GWLB is used for routing traffic to third-party appliances, such as virtual firewalls, intrusion detection systems, and more.
It operates at the application layer and supports Layer 7 policies.

Benefits of using AWS load balancers include:

High Availability: Load balancers help distribute traffic to healthy targets, ensuring that your applications remain available even if some targets experience failures.
Auto Scaling: Load balancers work seamlessly with auto scaling groups, enabling your application to scale up or down based on demand.
Security: Load balancers can offload SSL/TLS encryption and decryption, enhancing the security of your applications.
Health Checks: Load balancers perform regular health checks on targets to ensure they are responsive and healthy.
Efficient Traffic Distribution: Load balancers intelligently distribute traffic to achieve optimal resource utilization and performance.
Centralized Management: Load balancers are managed services, reducing the operational overhead for configuring and maintaining complex load balancing setups.

4. What is auto scaling in ECS (Fargate launch type)?

Auto Scaling in Amazon Elastic Container Service (ECS) with AWS Fargate is a feature that automatically adjusts the number of running Fargate tasks or services based on the defined scaling policies and conditions.

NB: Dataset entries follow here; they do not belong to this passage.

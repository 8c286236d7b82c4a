-- ===== src/Spectrum/Planned.antt =====
-- The plans fit the input in every state that `PSDCalc` reaches.
use native.Mathlib.Nat.{le-div_iff_mul-le, div-mul-le_self}
use pscdrv.Common.{
  ℕ, zero, suc, List, [], ◌∷◌, length, take, drop, replicate, map, Bool, not, true, false, ◌&&◌,
  ◌||◌, ltb, ◌==◌, min, ◌+◌, ◌-◌, ◌*◌, ◌/◌, ◌<◌, ◌≤◌, ◌≡◌, refl, ap, ◌∙◌, sym, ◌⊎◌, inl, inr, arith,
  Bool-cases, length-append, length-take, length-drop, length-replicate, length-map,
}
use pscdrv.Floating.{Floating}
use pscdrv.Spectrum.{is_hann, Fftw, Psd, calculated, ntime, nfreq, nbins}
use pscdrv.Spectrum.Steps.{
  hann_window, make_window, windowed, take_input, planned_input, all_planned, make_plans,
  add_powers, add_bins, integrate, execute, holds_first, holds_planned, calculate,
}

-- A plan is always made, and its making leaves as many numbers in place as there were.
abbrev pub IsInPlace : {Double : Type 0} → Fftw Double → Type 0
IsInPlace lib = (xs : List _) → (length (lib.planning xs) ≡ length xs) × (lib.makes_plan xs ≡ true)

bins_fit : (n size : ℕ) → 0 < size → size ≤ n → (0 < n / size) × (n / size * size ≤ n)
bins_fit n size h k =
    let one : 1 * size ≤ n = omega arith in
    ((le-div_iff_mul-le {k = size} {x = 1} {y = n} h).1 one, div-mul-le_self n size)

-- The plans, the bins and the output fit an input of `n` elements.
abbrev pub IsShaped : {Double : Type 0} → ℕ → ℕ → Psd Double → Type 0
IsShaped nfft n p =
    (p.plans ≡ n / min nfft n)
    × (p.middle ≡ n / min nfft n)
    × (length p.output ≡ min nfft n / 2 + 1 - 1)

-- A new plan is due, or the plans and the window fit the input.
abbrev pub IsPlanned : {Double : Type 0} → Psd Double → Type 0
IsPlanned p =
    (p.replan ≡ true) ⊎ (IsShaped p.nfft (length p.input) p × (length p.window ≡ length p.input))

holds_planned-IsShaped :
    (fl : Floating) (lib : Fftw fl.Double) (nfft n : ℕ) (q : Psd fl.Double)
    → length q.input ≡ n
    → q.nfft ≡ nfft
    → IsShaped nfft n q
    → holds_planned fl lib q ≡ true
holds_planned-IsShaped fl lib nfft n q l e (plans, middle, output) =
    rw (plans, middle, output, l, e) (ground arith)

and_false : (b : Bool) → (b && not true) ≡ false
and_false true = refl
and_false false = refl

module _ (fl : Floating) (lib : Fftw fl.Double) where
  open fl use {Double}

  length-hann_window : (fact : Double) (i n : ℕ) → length (hann_window fl lib fact i n) ≡ n
  unfolding hann_window
  length-hann_window fact i zero = refl
  length-hann_window fact i (suc n) = ap suc (length-hann_window fact (suc i) n)

  length-windowed :
      (ts ws : List Double) → length ws ≡ length ts → length (windowed fl lib ts ws) ≡ length ts
  length-windowed [] ws h = refl
  length-windowed (t ∷ ts) [] h = absurd (omega arith)
  length-windowed (t ∷ ts) (w ∷ ws) h = ap suc (length-windowed ts ws (omega arith))

  length-planned_input :
      (size bins : ℕ) (xs : List Double)
      → IsInPlace lib
      → length (planned_input fl lib size bins xs) ≡ length xs
  unfolding planned_input
  length-planned_input size zero xs laws = refl
  length-planned_input size (suc bins) xs laws = omega (
    arith,
    length-append (lib.planning (take size xs)) (planned_input fl lib size bins (drop size xs)),
    (laws (take size xs)).0,
    length-planned_input size bins (drop size xs) laws,
    length-take size xs,
    length-drop size xs,
  )

  all_planned-true :
      (size bins : ℕ) (xs : List Double) → IsInPlace lib → all_planned fl lib size bins xs ≡ true
  all_planned-true size zero xs laws = refl
  all_planned-true size (suc bins) xs laws =
      rw ((laws (take size xs)).1) (all_planned-true size bins (drop size xs) laws)

  length-add_powers :
      (out : List Double) (mid : List (Double × Double))
      → length (add_powers fl lib out mid) ≡ length out
  length-add_powers [] mid = refl
  length-add_powers (o ∷ out) [] = refl
  length-add_powers (o ∷ out) (m ∷ mid) = ap suc (length-add_powers out mid)

  length-add_bins :
      (size bins : ℕ) (xs out : List Double)
      → length (add_bins fl lib size bins xs out) ≡ length out
  unfolding add_bins
  length-add_bins size zero xs out = refl
  length-add_bins size (suc bins) xs out =
      length-add_bins size bins (drop size xs) _ ∙ length-add_powers out _

  length-integrate :
      (out : List Double) (factor fsamp total : Double)
      → length (integrate fl lib factor fsamp total out).0 ≡ length out
  unfolding integrate
  length-integrate [] factor fsamp total = refl
  length-integrate (o ∷ out) factor fsamp total =
      ap suc (length-integrate out factor fsamp (fl.add total (fl.mul o factor)))

  length-new_window :
      (p : Psd Double) → p.replan ≡ true → length (make_window fl lib p).window ≡ length p.input
  unfolding make_window
  length-new_window p r = elim (Bool-cases (is_hann p.windowtype)) [
    | inl h ↦ rw (r, h) (length-hann_window _ 0 (length p.input))
    | inr h ↦ rw (r, h) (length-replicate (length p.input) (fl.literal "1.0"))
  ]

  -- The state in the middle of `calculate`: the input still has `n` elements, and a new plan is due or
  -- the plans fit.
  abbrev IsMiddle : ℕ → ℕ → Psd Double → Type 0
  IsMiddle nfft n p =
      (length p.window ≡ n)
      × (length p.input ≡ n)
      × (p.nfft ≡ nfft)
      × ((p.replan ≡ true) ⊎ IsShaped nfft n p)

  make_window-IsMiddle :
      (p : Psd Double) → IsPlanned p → IsMiddle p.nfft (length p.input) (make_window fl lib p)
  unfolding make_window
  make_window-IsMiddle p (inl r) = (length-new_window p r, rw r refl, rw r refl, inl (rw r refl))
  make_window-IsMiddle p (inr (z, w)) = elim (Bool-cases p.replan) [
    | inl r ↦ (length-new_window p r, rw r refl, rw r refl, inl (rw r refl))
    | inr r ↦ rw (make_window, r) (w, refl, refl, inr z)
  ]

  take_input-IsMiddle :
      (nfft n : ℕ) (p : Psd Double) → IsMiddle nfft n p → IsMiddle nfft n (take_input fl lib p)
  unfolding take_input
  take_input-IsMiddle nfft n p (w, l, e, z) = elim (Bool-cases p.newval) [
    | inr old ↦ rw (take_input, old) (w, l, e, z)
    | inl new ↦
        let temps = map (λ x. fl.div (fl.sub_double x _) p.mult) p.input in
        rw (take_input, new)
          (
            w,
            length-windowed temps p.window (w ∙ sym l ∙ sym (length-map _ p.input))
                ∙ length-map _ p.input
                ∙ l,
            e,
            z,
          )
  ]

  new_plans-IsShaped :
      (nfft n : ℕ) (p : Psd Double)
      → IsInPlace lib
      → p.replan ≡ true
      → IsMiddle nfft n p
      → let q = make_plans fl lib p in IsMiddle nfft n q × IsShaped nfft n q
  unfolding make_plans
  new_plans-IsShaped nfft n p laws r (w, l, e, z) =
      let count : length p.input / min p.nfft (length p.input) ≡ n / min nfft n = rw (l, e) refl in
      let size : length (replicate (nfreq p - 1) (fl.literal "0.0")) ≡ min nfft n / 2 + 1 - 1 =
        length-replicate (nfreq p - 1) (fl.literal "0.0") ∙ rw (l, e) refl in
      let kept = length-planned_input (ntime p) (nbins p) p.input laws ∙ l in
      rw (make_plans, r) ((w, kept, e, inr (count, count, size)), (count, count, size))

  make_plans-IsShaped :
      (nfft n : ℕ) (p : Psd Double)
      → IsInPlace lib
      → IsMiddle nfft n p
      → let q = make_plans fl lib p in IsMiddle nfft n q × IsShaped nfft n q
  unfolding make_plans
  make_plans-IsShaped nfft n p laws (w, l, e, inl r) =
      new_plans-IsShaped nfft n p laws r (w, l, e, inl r)
  make_plans-IsShaped nfft n p laws (w, l, e, inr z) = elim (Bool-cases p.replan) [
    | inl r ↦ new_plans-IsShaped nfft n p laws r (w, l, e, inl r)
    | inr r ↦ rw (make_plans, r) ((w, l, e, inr z), z)
  ]

  execute-IsPlanned :
      (nfft n : ℕ) (q : Psd Double)
      → IsMiddle nfft n q
      → IsShaped nfft n q
      → IsPlanned (execute fl lib q)
  unfolding execute
  execute-IsPlanned nfft n q (w, l, e, z) (plans, middle, output) =
      let size =
        length-integrate
          (add_bins fl lib (ntime q) (nbins q) q.input
            (replicate (length q.output) (fl.literal "0.0")))
          _ q.fsamp (fl.literal "0.0")
        ∙ length-add_bins (ntime q) (nbins q) q.input
            (replicate (length q.output) (fl.literal "0.0"))
        ∙ length-replicate (length q.output) (fl.literal "0.0") in
      let count : n / min nfft n ≡ length q.input / min q.nfft (length q.input) = rw (l, e) refl in
      let half : min nfft n / 2 + 1 - 1 ≡ nfreq q - 1 = rw (l, e) refl in
      inr ((plans ∙ count, middle ∙ count, size ∙ output ∙ half), w ∙ sym l)

  holds_first_lem : (p : Psd Double) → 0 < length p.input → 0 < p.nfft → holds_first fl lib p ≡ true
  holds_first_lem p h k =
      let (some_bin, room) = bins_fit (length p.input) (ntime p) (ground arith) (ground arith) in
      ground arith

  -- `calculate`, where a new plan is due or the plans and the window fit: no assertion fails, nothing
  -- is read beyond the window, and the plans and the window fit afterwards.
  pub calculate-IsPlanned :
      (p : Psd Double)
      → IsInPlace lib
      → IsPlanned p
      → (q : Psd Double) × (calculate fl lib p ≡ calculated q) × IsPlanned q
  unfolding calculate
  calculate-IsPlanned p laws v =
      let n = length p.input in
      let m = make_window-IsMiddle p v in
      let u = take_input fl lib (make_window fl lib p) in
      let t = make_plans fl lib (take_input fl lib (make_window fl lib p)) in
      let (mid, shaped) =
        make_plans-IsShaped p.nfft n (take_input fl lib (make_window fl lib p)) laws
          (take_input-IsMiddle p.nfft n (make_window fl lib p) m) in
      let made = all_planned-true (ntime u) (nbins u) u.input laws in
      let good = holds_planned-IsShaped fl lib p.nfft n t mid.1 mid.2 shaped in
      elim (Bool-cases (length p.input == 0 || p.nfft == 0)) [
        | inl idle ↦ (p, rw idle refl, v)
        | inr busy ↦
            let first = holds_first_lem p (ground arith) (ground arith) in
            let inside : (p.newval && ltb (length (make_window fl lib p).window) (length p.input))
                ≡ false =
              ground (arith, m.0) in
            (
              execute fl lib t,
              rw (busy, first, inside, made, and_false u.replan, good) refl,
              execute-IsPlanned p.nfft n t mid shaped,
            )
      ]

It ensures that your application has the right amount of compute resources to handle varying levels of traffic or workload demands without manual intervention. With ECS Fargate Auto Scaling, you can set up rules and conditions that determine when to scale your tasks or services up or down. This allows you to maintain application performance and availability while optimizing costs by dynamically adjusting the number of tasks or services running in response to changes in load. Here's how Auto Scaling works in ECS Fargate: Scaling Policies:

You define scaling policies that determine when and how to scale. These policies are based on conditions such as CPU utilization, memory utilization, or custom CloudWatch metrics.

Target Values:

For each scaling policy, you set target values for the metric you're monitoring (e.g., CPU utilization). When the metric breaches these thresholds, the Auto Scaling mechanism is triggered.

Scaling Actions:

When the defined metric breaches the thresholds, Auto Scaling takes action based on your scaling policies. If the metric exceeds the target, Auto Scaling can scale out by adding more Fargate tasks or services. If the metric falls below the target, it can scale in by reducing the number of tasks or services.

Integration with CloudWatch Alarms:

Auto Scaling policies can be associated with CloudWatch alarms that monitor the specified metrics. When an alarm state changes, such as crossing a threshold, the Auto Scaling policy is triggered.

Adjusting Capacity:

Based on the scaling actions, ECS Fargate will automatically adjust the number of tasks or services to match the desired capacity set in your scaling policy.

Health Checks:

Before performing any scaling actions, ECS Fargate ensures that the newly launched tasks are healthy and ready to accept traffic.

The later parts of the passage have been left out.